The Office of Civil Rights (OCR) of the US Department of Health and Human Services (HHS) recently released guidance on cloud computing that allows entities covered by the Health Insurance Portability and Accountability Act (HIPAA) to take advantage of cloud service providers (CSPs) while still complying with HIPAA. This guidance is welcome at a time when employers are moving increasingly to an electronic atmosphere—with access to protected health information (PHI) being offered through mobile devices and data being saved on cloud platforms.

CSPs generally offer online access to sharing computer resources ranging from data storage to complete software solutions (e.g., electronic medical record systems). Common cloud services include on-demand internet access to computing services (e.g., networks, servers, storage, and applications).

OCR’s Guidance

The guidance describes OCR’s position on the obligation of covered entities and business associates that use CSPs to manage electronic PHI (ePHI). Specifically, the guidance states that CSPs are business associates even if the CSP processes or stores only encrypted data and lacks an encryption key for such data. This means that, even if the CSP cannot view the data, it is still considered a business associate.

As a result, the covered entity (or business associate, if the CSP is a downstream subcontractor to a business associate) must enter into a HIPAA-compliant business associate agreement (BAA) with the CSP provider. In addition to being contractually required to comply with HIPAA through a BAA, CSP providers are directly liable for compliance with the applicable requirements of the HIPAA rules, notably the HIPAA Security Rule’s physical, administrative, and technical safeguards.

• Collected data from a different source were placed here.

-- ===== src/Identity/Calls.antt =====
-- Histories of calls of the identity service, and what they can make verified.
use bazos.Identity.Sessions.{
  start_verification_session, expire_verification_session, complete_verification_session,
  complete_manual_verification_session, record_verification_challenge, mark_verified,
}
use bazos.Identity.Record.{
  update_identity, mark_challenge, decrement_active_ad_count, increment_active_ad_count,
  reserve_publish_slot, record_category_publish,
}
use bazos.Base.{
  ℕ, ◌≡◌, ◌≢◌, ◌⊎◌, inl, inr, refl, Option, none, some, Bool, true, List, [], ◌∷◌, Exists, String,
  ℕ_discrete, Bool-cases, sym, ◌∙◌,
}
use bazos.Store.{Store, BazosAccount, M, bazos_identity, bazos_account, bad_request}
use bazos.Store.Avoids.{
  IsOther, avoids_rules, >>=-Avoids, throw_if-Avoids, create-Avoids, find_where-Avoids,
}
use bazos.Identity.Input.{
  MarkChallengeDto, UpdateBazosIdentityDto, StartVerificationSessionDto,
  CompleteManualVerificationSessionDto, CompleteVerificationSessionDto,
}
use bazos.Identity.Accounts.{
  CreateBazosIdentityDto, create_identity, linked_account, new_identity, claim_account,
  claim_or_create, find_account, ensure_account_for_user, resolve_account_for_user, with_email,
  normalized_email, reject_foreign, has_foreign_identity,
}
use bazos.Identity.Verified.{
  IsVerified, IsVerifiedRow, NeverVerifies, mark_challenge-NeverVerifies,
  update_identity-NeverVerifies, decrement_active_ad_count-NeverVerifies,
  increment_active_ad_count-NeverVerifies, reserve_publish_slot-NeverVerifies,
  record_category_publish-NeverVerifies, start_verification_session-NeverVerifies,
  expire_verification_session-NeverVerifies, record_verification_challenge-NeverVerifies,
  complete_verification_session-NeverVerifies, complete_manual_verification_session-NeverVerifies,
  mark_verified-NeverVerifies,
}

accounts-IsOther : IsOther bazos_identity bazos_account
accounts-IsOther = record { kept = λ rs s. refl }

module _ (i : ℕ) where
  claimed : (user_id : String) (a : BazosAccount) → NeverVerifies i (claim_account user_id a)
  unfolding claim_account
  claimed user_id a = search (avoids_rules, accounts-IsOther)

  found_account : (email : List ℕ) (user_id : String) → NeverVerifies i (find_account email user_id)
  unfolding find_account
  found_account email user_id = record { at = λ s e. e }

  claimed_or_created :
      (now : ℕ) (user_id : String) (email : List ℕ) (o : Option BazosAccount)
      → NeverVerifies i (claim_or_create now user_id email o)
  claimed_or_created now user_id email none = search (avoids_rules, accounts-IsOther)
  claimed_or_created now user_id email (some a) = claimed user_id a

  by_email :
      (now : ℕ) (user_id : String) (email : List ℕ) → NeverVerifies i (with_email now user_id email)
  by_email now user_id [] = search avoids_rules
  by_email now user_id (c ∷ cs) =
      search (avoids_rules, found_account, claimed_or_created now user_id (c ∷ cs))

  rejected : (user_id : String) (a : BazosAccount) → NeverVerifies i (reject_foreign user_id a)
  unfolding reject_foreign
  rejected user_id a = record {
    at = λ s.
        (throw_if-Avoids bazos_identity (IsVerifiedRow i) (has_foreign_identity user_id a s)
            bad_request).at
          s;
  }

  linked :
      (now : ℕ) (user_id : String) (dto : CreateBazosIdentityDto) (o : Option ℕ)
      → NeverVerifies i (linked_account now user_id dto o)
  unfolding ensure_account_for_user resolve_account_for_user
  linked now user_id dto none = by_email now user_id (normalized_email dto.bazos_email)
  linked now user_id dto (some a) = search (avoids_rules, rejected, claimed) depth 20

  create_identity-NeverVerifies :
      (now : ℕ) (user_id : String) (dto : CreateBazosIdentityDto)
      → NeverVerifies i (create_identity now user_id dto)
  unfolding create_identity
  create_identity-NeverVerifies now user_id dto =
      >>=-Avoids _ _ (find_where-Avoids _ _ _ _) λ existing.
        >>=-Avoids _ _ (throw_if-Avoids _ _ _ _) λ _.
          >>=-Avoids _ _ (linked now user_id dto dto.account_id)
            λ account_id. create-Avoids _ _ (new_identity user_id account_id dto) (λ n h. cc (h.1))

-- A call of the service, with the time at which it is made.
pub data Call : Type 0 where
  creates : ℕ → String → CreateBazosIdentityDto → Call
  updates : ℕ → String → UpdateBazosIdentityDto → Call
  starts : ℕ → ℕ → String → StartVerificationSessionDto → Call
  completes : ℕ → ℕ → ℕ → String → CompleteVerificationSessionDto → Call
  completes_manually : ℕ → ℕ → ℕ → String → CompleteManualVerificationSessionDto → Call
  meets_challenge : ℕ → ℕ → String → MarkChallengeDto → Call
  expires : ℕ → ℕ → String → Option String → Call
  marks_verified : ℕ → ℕ → String → CompleteVerificationSessionDto → Call
  marks_challenge : ℕ → String → MarkChallengeDto → Call
  decrements : ℕ → Call
  increments : ℕ → Call
  reserves : ℕ → ℕ → ℕ → Call
  records_category : ℕ → ℕ → String → Call

-- The store after a call, also where the call throws.
unfoldable pub perform : Call → Store → Store
perform (creates now user_id dto) s = (create_identity now user_id dto s).1
perform (updates id user_id dto) s = (update_identity id user_id dto s).1
perform (starts now id user_id dto) s = (start_verification_session now id user_id dto s).1
perform (completes now id session_id user_id dto) s =
    (complete_verification_session now id session_id user_id dto s).1
perform (completes_manually now id session_id user_id dto) s =
    (complete_manual_verification_session now id session_id user_id dto s).1
perform (meets_challenge id session_id user_id dto) s =
    (record_verification_challenge id session_id user_id dto s).1
perform (expires id session_id user_id notes) s =
    (expire_verification_session id session_id user_id notes s).1
perform (marks_verified now id user_id dto) s = (mark_verified now id user_id dto s).1
perform (marks_challenge id user_id dto) s = (mark_challenge id user_id dto s).1
perform (decrements id) s = (decrement_active_ad_count id s).1
perform (increments id) s = (increment_active_ad_count id s).1
perform (reserves now id not_before) s = (reserve_publish_slot now id not_before s).1
perform (records_category now id category) s = (record_category_publish now id category s).1

unfoldable pub perform_all : List Call → Store → Store
perform_all [] s = s
perform_all (c ∷ cs) s = perform_all cs (perform c s)

-- The call says that a human has confirmed the verification of identity `i`.
abbrev pub Confirms : ℕ → Call → Type 0
Confirms i (completes now id session_id user_id dto) = (dto.human_confirmed ≡ true) × (i ≡ id)
Confirms i (completes_manually now id session_id user_id dto) =
    (dto.human_confirmed ≡ true) × (i ≡ id)
Confirms i (marks_verified now id user_id dto) = (dto.human_confirmed ≡ true) × (i ≡ id)
Confirms i c = ⊥

-- Either the call is such a confirmation, or it keeps an unverified identity unverified.
confirmed_or {ℓ} :
    {A : Type ℓ} (i id : ℕ) (b : Bool) (m : M A) (s : Store)
    → ((b ≡ true → i ≢ id) → NeverVerifies i m)
    → IsVerified i (m s).1
    → IsVerified i s ⊎ ((b ≡ true) × (i ≡ id))
confirmed_or i id b m s h v = elim (ℕ_discrete i id) [
  | no other ↦ inl ((h (λ _. other)).at s v)
  | yes same ↦ elim (Bool-cases b) [
    | inl confirmed ↦ inr (confirmed, same)
    | inr unconfirmed ↦ inl ((h (λ e. absurd (cc (sym e ∙ unconfirmed)))).at s v)
  ]
]

-- A call makes an identity verified only if it says that a human confirmed it.
perform-IsVerified :
    (i : ℕ) (c : Call) (s : Store) → IsVerified i (perform c s) → IsVerified i s ⊎ Confirms i c
unfolding perform
perform-IsVerified i (creates now user_id dto) s v =
    inl ((create_identity-NeverVerifies i now user_id dto).at s v)
perform-IsVerified i (updates id user_id dto) s v =
    inl ((update_identity-NeverVerifies i id user_id dto).at s v)
perform-IsVerified i (starts now id user_id dto) s v =
    inl ((start_verification_session-NeverVerifies i now id user_id dto).at s v)
perform-IsVerified i (completes now id session_id user_id dto) s v =
    confirmed_or i id dto.human_confirmed _ s
      (complete_verification_session-NeverVerifies i now id session_id user_id dto) v
perform-IsVerified i (completes_manually now id session_id user_id dto) s v =
    confirmed_or i id dto.human_confirmed _ s
      (complete_manual_verification_session-NeverVerifies i now id session_id user_id dto) v
perform-IsVerified i (meets_challenge id session_id user_id dto) s v =
    inl ((record_verification_challenge-NeverVerifies i id session_id user_id dto).at s v)
perform-IsVerified i (expires id session_id user_id notes) s v =
    inl ((expire_verification_session-NeverVerifies i id session_id user_id notes).at s v)
perform-IsVerified i (marks_verified now id user_id dto) s v =
    confirmed_or i id dto.human_confirmed _ s (mark_verified-NeverVerifies i now id user_id dto) v
perform-IsVerified i (marks_challenge id user_id dto) s v =
    inl ((mark_challenge-NeverVerifies i id user_id dto).at s v)
perform-IsVerified i (decrements id) s v =
    inl ((decrement_active_ad_count-NeverVerifies i id).at s v)
perform-IsVerified i (increments id) s v =
    inl ((increment_active_ad_count-NeverVerifies i id).at s v)
perform-IsVerified i (reserves now id not_before) s v =
    inl ((reserve_publish_slot-NeverVerifies i now id not_before).at s v)
perform-IsVerified i (records_category now id category) s v =
    inl ((record_category_publish-NeverVerifies i now id category).at s v)

-- Over any history of calls of the identity service, an identity that is verified at the end was
-- verified at the start, or some call of the history says that a human confirmed it.
pub perform_all-IsVerified :
    (i : ℕ) (cs : List Call) (s : Store)
    → IsVerified i (perform_all cs s)
    → IsVerified i s ⊎ Exists (Confirms i) cs
unfolding perform_all
perform_all-IsVerified i [] s v = inl v
perform_all-IsVerified i (c ∷ cs) s v = elim (perform_all-IsVerified i cs (perform c s) v) [
  | inl before ↦ elim (perform-IsVerified i c s before) [
    | inl at_first ↦ inl at_first
    | inr now ↦ inr (inl now)
  ]
  | inr later ↦ inr (inr later)
]
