-- ===== src/Identity/Tests.antt =====
-- The theorems on identities at concrete inputs.
use bazos.Base.{
  ℕ_discrete, String-discrete, Optional-discrete, ◌≡◌, ◌⊎◌, inl, refl, none, some, [], ◌∷◌, false,
  Exists, List, find_first, update_where,
}
use bazos.Store.{captcha_or_human_check_required, ReviewState-discrete, ◌>>=◌}
use bazos.Policy.{evaluate}
use bazos.Identity.Input.{MarkChallengeDto}
use bazos.Identity.Record.{increment_active_ad_count, mark_challenge, challenged}
use bazos.Identity.Calls.{
  Call, marks_challenge, increments, Confirms, perform, perform_all, perform_all-IsVerified,
}
use bazos.Identity.Verified.{IsVerified}
use bazos.Identity.Challenge.{mark_challenge-evaluate_refused}
use bazos.Fixtures.{shop, seller, open_day, request}

abbrev captcha : MarkChallengeDto
captcha = record { challenge_state = some captcha_or_human_check_required; notes = none }

mark_challenge-evaluate_refused_example :
    (evaluate open_day (mark_challenge 1 "eva" captcha shop).1 request).allowed ≡ false
unfolding mark_challenge ◌>>=◌ find_first ℕ_discrete String-discrete Optional-discrete
    ReviewState-discrete
mark_challenge-evaluate_refused_example =
    mark_challenge-evaluate_refused 1 "eva" captcha shop
      (challenged captcha_or_human_check_required none seller) open_day request refl refl

abbrev busy_day : List Call
busy_day = increments 1 ∷ marks_challenge 1 "eva" captcha ∷ []

still-IsVerified : IsVerified 1 (perform_all busy_day shop)
unfolding perform_all perform increment_active_ad_count update_where mark_challenge ◌>>=◌ find_first
    ℕ_discrete String-discrete Optional-discrete ReviewState-discrete
still-IsVerified = inl (refl, refl)

perform_all-IsVerified_example : IsVerified 1 shop ⊎ Exists (Confirms 1) busy_day
perform_all-IsVerified_example = perform_all-IsVerified 1 busy_day shop still-IsVerified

With regard to mobile devices, the OCR guidance states that covered entities may use mobile devices to access ePHI “in the cloud” as long as appropriate physical, administrative, and technical safeguards are in place to protect the confidentiality, integrity, and availability of ePHI on the mobile device and in the cloud. This includes ensuring that appropriate BAAs are in place with any third-party service providers for the device and/or the cloud that will have access to the ePHI. OCR has issued recommendations on how to protect and secure ePHI when using a mobile device.

Next Steps

A covered entity (or business associate) that engages a CSP should conduct a risk analysis and establish risk management policies addressing its relationship with the CSP, as well as enter into a BAA with any CSP that stores its data.